3     1 4       3...
A A A B A A A A B B (flip) A A B B B B A B B B
B B B A B B B B A A        B B A A A A B A A A
...3 4       1 3


One of the things I've run up against is that, for a small number such as 6, a seed number must be highly constrained, or several different seeds will result in the same profile.

So: 6 subjects, Seed = 523

5...
A A A (flip) B B B
B B B        A A A
...5


but seed 427 does the same thing:

4...
A A A (flip) B B B
B B B        A A A
...5


(In fact, there are so few possible permutations of profiles, the seed itself must be constrained to no more than about 24 or so possible values. Not really a seed anymore. More like 'pick a number from 1 to 24')
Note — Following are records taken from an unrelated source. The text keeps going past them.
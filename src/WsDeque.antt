-- ===== src/WsDeque.antt =====
-- rts/WSDeque.c and rts/WSDeque.h: the work-stealing deque of Chase and Lev, as its owner and any
-- number of thieves run it. One step is one access to memory that the threads share; accesses are
-- sequentially consistent, which is what the barriers of the code are there for. `elements` is only
-- written, and `topBound` only used, by the owner.
-- A `StgWord` is a number below 2 ^ 64 with its wrap written out; `signed` puts words in the order of
-- their readings as `long`.
pub mod Size
pub mod Words
pub mod Spec
pub mod Valid
pub mod OwnerSteps
pub mod ThiefSteps
pub mod Safety
pub mod Discard
pub mod Linear
mod Tests
use Prim.Native.Nat.{bit_and}
use ghc_xapp_fix.Prelude.{
  ℕ, zero, suc, ◌+◌, ◌-◌, ◌*◌, ◌/◌, ◌%◌, ◌^◌, Bool, true, false, not, Option, none, some, List, [],
  ◌∷◌, ltb, leb, ◌==◌, if◌then◌else◌, update,
}

abbrev pub word : ℕ
word = 2 ^ 64

-- `(long)w`, shifted by 2 ^ 63
abbrev pub signed : ℕ → ℕ
signed w = (w + 2 ^ 63) % word

abbrev pub sub_word : ℕ → ℕ → ℕ
sub_word a b = (a + word - b) % word

abbrev pub add_word : ℕ → ℕ → ℕ
add_word a b = (a + b) % word

-- `WSDeque`; an element is the address of a closure
pub record WsDeque : Type 0 where
  pub size : ℕ
  pub modulo_size : ℕ
  pub top : ℕ
  pub bottom : ℕ
  pub top_bound : ℕ
  pub elements : ℕ → ℕ

-- `roundUp2`: the loop with fuel; `none` stands for `barf`, and for fuel that ran out
pub round_up2_loop : ℕ → ℕ → ℕ → Option ℕ
round_up2_loop zero rounded val = none
round_up2_loop (suc fuel) rounded val =
    let rest = round_up2_loop fuel (rounded * 2 % word) (val / 2) in
    if val / 2 == 0 then some (rounded * 2 % word) else rest

pub round_up2 : ℕ → Option ℕ
unfolding round_up2_loop
round_up2 val = if val == 0 then none else round_up2_loop val 1 val

-- `newWSDeque`; the new array holds what `malloc` left there
pub new_ws_deque : ℕ → (ℕ → ℕ) → Option WsDeque
new_ws_deque size garbage = elim (round_up2 size) [
  | none ↦ none
  | some realsize ↦ some (record {
    size = realsize;
    modulo_size = sub_word realsize 1;
    top = 0;
    bottom = 0;
    top_bound = 0;
    elements = garbage;
  })
]

pub looks_empty : WsDeque → Bool
looks_empty q = leb (signed q.bottom) (signed q.top)

-- `discardElements`, which only the owner may call, and only while no thief runs
pub discard_elements : WsDeque → WsDeque
discard_elements q = record q { top = q.bottom }

-- Where the owner stands in `popWSDeque` or `pushWSDeque`, with the locals that are live.
pub data Owner : Type 0 where
  idle : Owner
  pop_start : Owner
  popping : (b : ℕ) → Owner  -- `bottom` is written, `top` not yet read
  restoring : (t : ℕ) → Owner  -- was empty
  claiming : (t removed : ℕ) → Owner  -- before the cas for the last element
  settling : (t : ℕ) → Owner  -- after the cas
  push_start : (elem : ℕ) → Owner
  checking : (elem b : ℕ) → Owner  -- before the read of the real `top`
  writing : (elem b : ℕ) → Owner
  publishing : (elem b : ℕ) → Owner

-- Where a thief stands in `stealWSDeque_`, or in the loop of `stealWSDeque` around it.
pub data Thief : Type 0 where
  away : Thief
  stealing : Thief
  got_top : (t : ℕ) → Thief
  got_bottom : (t : ℕ) → Thief
  got_element : (t stolen : ℕ) → Thief
  failed : Thief  -- `stealWSDeque_` returned `NULL`
  looking : (t : ℕ) → Thief  -- in `looksEmptyWSDeque`

-- What a step decides: an element goes in or out, or an operation finds the deque full or empty.
pub data Event : Type 0 where
  silent : Event
  pushed : (elem : ℕ) → Event
  refused : Event  -- `pushWSDeque` returns false
  popped : (elem : ℕ) → Event
  nothing : Event  -- `popWSDeque` returns `NULL`
  stolen : (elem : ℕ) → Event

pub record Outcome (P : Type 0) : Type 0 where
  pub deque : WsDeque
  pub pc : P
  pub event : Event

abbrev pub outcome : {P : Type 0} → WsDeque → P → Event → Outcome P
outcome q p e = record { deque = q; pc = p; event = e }

-- `popWSDeque` after the read of `top`
pub pop_decide : WsDeque → ℕ → ℕ → Outcome Owner
pop_decide q b t =
    let q' = record q { top_bound = t } in
    let removed = q.elements (bit_and b q.modulo_size) in
    if ltb (signed b) (signed t)
    then outcome q' (restoring t) nothing
    else if ltb (signed t) (signed b)
    then outcome q' idle (popped removed)
    else outcome q' (claiming t removed) silent

-- the test that starts `pushWSDeque`
pub push_decide : WsDeque → ℕ → ℕ → ℕ → Outcome Owner
push_decide q elem b t =
    if leb (signed t + q.modulo_size) (signed b)
    then outcome q (checking elem b) silent
    else outcome q (writing elem b) silent

-- the test with the real `top`
pub push_check : WsDeque → ℕ → ℕ → ℕ → Outcome Owner
push_check q elem b t =
    let q' = record q { top_bound = t } in
    if leb q.modulo_size (sub_word b t)
    then outcome q' idle refused
    else outcome q' (writing elem b) silent

pub owner_step : WsDeque → Owner → Outcome Owner
unfolding pop_decide push_decide push_check
owner_step q idle = outcome q idle silent
owner_step q pop_start =
    let b = sub_word q.bottom 1 in outcome (record q { bottom = b }) (popping b) silent
owner_step q (popping b) = pop_decide q b q.top
owner_step q (restoring t) = outcome (record q { bottom = t }) idle silent
owner_step q (claiming t removed) =
    if q.top == t
    then outcome (record q { top = add_word t 1 }) (settling t) (popped removed)
    else outcome q (settling t) nothing
owner_step q (settling t) =
    outcome (record q { bottom = add_word t 1; top_bound = add_word t 1 }) idle silent
owner_step q (push_start elem) = push_decide q elem q.bottom q.top_bound
owner_step q (checking elem b) = push_check q elem b q.top
owner_step q (writing elem b) =
    outcome (record q { elements = update q.elements (bit_and b q.modulo_size) elem })
      (publishing elem b) silent
owner_step q (publishing elem b) = outcome (record q { bottom = add_word b 1 }) idle (pushed elem)

pub thief_step : WsDeque → Thief → Outcome Thief
thief_step q away = outcome q away silent
thief_step q stealing = outcome q (got_top q.top) silent
thief_step q (got_top t) =
    if leb (signed q.bottom) (signed t)
    then outcome q failed silent
    else outcome q (got_bottom t) silent
thief_step q (got_bottom t) =
    outcome q (got_element t (q.elements (bit_and t q.modulo_size))) silent
thief_step q (got_element t x) =
    if q.top == t
    then outcome (record q { top = add_word t 1 }) away (stolen x)
    else outcome q failed silent
thief_step q failed = outcome q (looking q.top) silent
thief_step q (looking t) =
    if leb (signed q.bottom) (signed t) then outcome q away silent else outcome q stealing silent

-- The deque and its threads, with the events so far, the newest first.
pub record System : Type 0 where
  pub deque : WsDeque
  pub owner : Owner
  pub thieves : ℕ → Thief
  pub log : List Event

abbrev pub after_owner : System → System
after_owner s =
    let r = owner_step s.deque s.owner in
    record s { deque = r.deque; owner = r.pc; log = r.event ∷ s.log }

abbrev pub after_thief : System → ℕ → System
after_thief s i =
    let r = thief_step s.deque (s.thieves i) in
    record s { deque = r.deque; thieves = update s.thieves i r.pc; log = r.event ∷ s.log }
• For your "flip" system, and even number $n$ subjects, choose your seed from $0$ to $2^{n/2}-1$, write this in $\frac{n}2$-digit binary with leading for the first half, and then "flip" for the second half. With $6$ subjects there are $2^{6/2}=8$ possible flip patterns, out of a possible ${6 \choose 3}=20$ equally balanced patterns Dec 16, 2016 at 17:29

What you are asking for is called randomized permuted blocks in the statistical design of experiments.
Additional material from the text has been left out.